何度でも、伝える愛の言葉。
『お前らいつも言うよな?オーディション落ちてもまだまだこっからだって。でもさ、もっと落ちたこと受け止めて考えるべきだろ。』
誠太の言葉に誰も何も言い返せず、重苦しい空気だけが漂う。
『何の根拠もないのにデビューできると思い込んで、兄貴がスタジオ貸してくれる環境に甘えて、ライブもオーディションも全然結果出せねぇのに「次だ次だ」って向き合おうともしない。俺ら本当にこんなんで良いのかよ?』
言い返せるはずがない。
まっすぐな正論をぶつけられて。
誠太の言う通りだ。
今すぐじゃなくてもいつかはデビューできるだろうし、自分たちの曲だって最高に格好良い、そう思い込んでいた。

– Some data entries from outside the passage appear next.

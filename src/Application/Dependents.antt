-- ===== src/Application/Dependents.antt =====
-- src/application-domain.ts: the dependents that a cancellation names.
use agent_task_orchestrator.Base.{
  Text, ℕ, ◌+◌, ◌≡◌, refl, ap, sym, ◌∙◌, subst, true, false, List, [], ◌∷◌, arith, same, same_refl,
  map, keep, is_empty, is_unique, All, All-sort, keep-All, keep-IsOrdered, is_unique-keep,
  IsOrdered, sort, sort_of_IsOrdered, before,
}
use agent_task_orchestrator.Domain.Errors.{ok, Place, >>=-eq-ok}
use agent_task_orchestrator.Domain.Records.{Task, DomainSnapshot, DependentWaitingInput}
use agent_task_orchestrator.Domain.Value.{
  Value, values, Unicode, read_exact_record, read_canonical_array, identifier, nullable_text, truth,
  nonnegative_integer, nullable_safe_integer, nullable_identifier, waiting_reason,
}
use agent_task_orchestrator.Domain.Encode.{waiting_input_value}
use agent_task_orchestrator.Domain.Parse.{
  invalid_snapshot_at, parse_task, task_from, parse_waiting_input, waiting_input_from,
}
use agent_task_orchestrator.Domain.Snapshot.{parse_snapshot, SnapshotValidationMode, task_id}
use agent_task_orchestrator.Domain.Snapshot.Accepted.{IsStableTask, parse_snapshot-IsParsed}
use agent_task_orchestrator.Domain.Snapshot.WellFormed.{map-ids, parse_snapshot-IsSnapshot}
use agent_task_orchestrator.Domain.Transition.Receipts.{
  dependent_entries, parse_dependent_waiting, entry_id,
}
use agent_task_orchestrator.Domain.Transition.Cancel.{covers, affected_by}
use agent_task_orchestrator.Application.Commands.{
  review_dependency, is_dependent, dependent_items, dependent_waiting,
}

-- What the domain reads of the value of a dependent.
abbrev pub entry : Task → DependentWaitingInput
entry t = record { task_id = t.id; waiting = review_dependency }

review_dependency_read :
    (path : Place)
    → parse_waiting_input (waiting_input_value review_dependency) path ≡ ok review_dependency
unfolding parse_waiting_input waiting_input_from identifier nullable_text truth nonnegative_integer
    nullable_safe_integer nullable_identifier waiting_reason read_exact_record same
review_dependency_read path = refl

abbrev pub IsNamed : Task → Type 0
IsNamed t = is_empty t.id ≡ false

entries_read :
    (ts : List Task) (index : ℕ)
    → All IsNamed ts
    → dependent_entries (values (dependent_items ts)) index ≡ ok (map entry ts)
unfolding dependent_entries read_exact_record identifier
entries_read [] index h = refl
entries_read (t ∷ ts) index h = ground (
  arith,
  h.0,
  review_dependency_read (Place.waiting_of (Place.dependents_at index)),
  entries_read ts (index + 1) h.1,
)

covers-entries : (ts : List Task) → covers ts (map entry ts) ≡ true
covers-entries [] = refl
covers-entries (t ∷ ts) = ground (arith, same_refl t.id, covers-entries ts)

All-entries :
    (k : Text) (ts : List Task)
    → All (λ y. before (task_id y) k ≡ false) ts
    → All (λ y. before (entry_id y) k ≡ false) (map entry ts)
All-entries k [] h = tt
All-entries k (t ∷ ts) h = (h.0, All-entries k ts h.1)

IsOrdered-entries : (ts : List Task) → IsOrdered task_id ts → IsOrdered entry_id (map entry ts)
IsOrdered-entries [] h = tt
IsOrdered-entries (t ∷ ts) h = (All-entries t.id ts h.0, IsOrdered-entries ts h.1)

ids-entries : (ts : List Task) → map entry_id (map entry ts) ≡ map task_id ts
ids-entries [] = refl
ids-entries (t ∷ ts) = ap (λ (l : List Text). t.id ∷ l) (ids-entries ts)

module _ ⦃u : Unicode⦄ where
  IsNamed-parse_task : (t : Task) → IsStableTask t → IsNamed t
  unfolding parse_task task_from identifier
  IsNamed-parse_task t h =
      let e = invalid_snapshot_at (Place.task_named t.id) in
      let (_, read, _) =
        >>=-eq-ok (identifier (Value.string t.id) e) _ (h (Place.task_named t.id)) in
      ground (arith, read)

  names_of_stable : (ts : List Task) → All IsStableTask ts → All IsNamed ts
  names_of_stable [] h = tt
  names_of_stable (t ∷ ts) h = (IsNamed-parse_task t h.0, names_of_stable ts h.1)

  -- For an accepted snapshot, the domain reads the dependents that `task.cancel` sends, and they cover exactly the ready Tasks that depend on the Task directly.
  pub dependent_waiting-covers :
      (v : Value) (s : DomainSnapshot) (id : Text)
      → parse_snapshot v SnapshotValidationMode.complete ≡ ok s
      → (inputs : List DependentWaitingInput) × (parse_dependent_waiting (dependent_waiting s id)
          ≡ ok inputs)
        × (covers (affected_by s id) inputs ≡ true)
  unfolding parse_dependent_waiting read_canonical_array
  dependent_waiting-covers v s id h =
      let valid = parse_snapshot-IsSnapshot v s h in
      let parsed = parse_snapshot-IsParsed v SnapshotValidationMode.complete s h in
      let named : All IsNamed s.tasks = subst (All IsNamed) (sym parsed.sorted_tasks) (
        All-sort task_id IsNamed parsed.raw_tasks
          (names_of_stable parsed.raw_tasks parsed.stable_tasks)) in
      let ts = keep (is_dependent id) s.tasks in
      let read = entries_read ts 0 (keep-All (is_dependent id) IsNamed s.tasks named) in
      let ordered = keep-IsOrdered (is_dependent id) task_id s.tasks valid.tasks_ordered in
      let sorted : sort entry_id (map entry ts) ≡ map entry ts =
        sort_of_IsOrdered entry_id (map entry ts) (IsOrdered-entries ts ordered) in
      let affected : affected_by s id ≡ ts = sort_of_IsOrdered task_id ts ordered in
      let unique : is_unique (map entry_id (map entry ts)) ≡ true =
        ap is_unique (ids-entries ts)
        ∙ is_unique-keep (is_dependent id) task_id s.tasks
            (ap is_unique (map-ids s.tasks) ∙ valid.tasks_unique) in
      (map entry ts, rw (read, sorted, unique) refl, rw affected (covers-entries ts))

『何の苦労もせずにデビューなんてできないと思う、俺は。』
水を打ったように静かなスタジオ。
今俺たちが居るこのスタジオも、誠太のお兄さんが貸してくれている物であって自分たちで手にした物ではない。
同じようにデビューを目指すバンドは、きっとスタジオを借りるのにも苦労しているはずだ。
俺たちが居る環境は、甘い。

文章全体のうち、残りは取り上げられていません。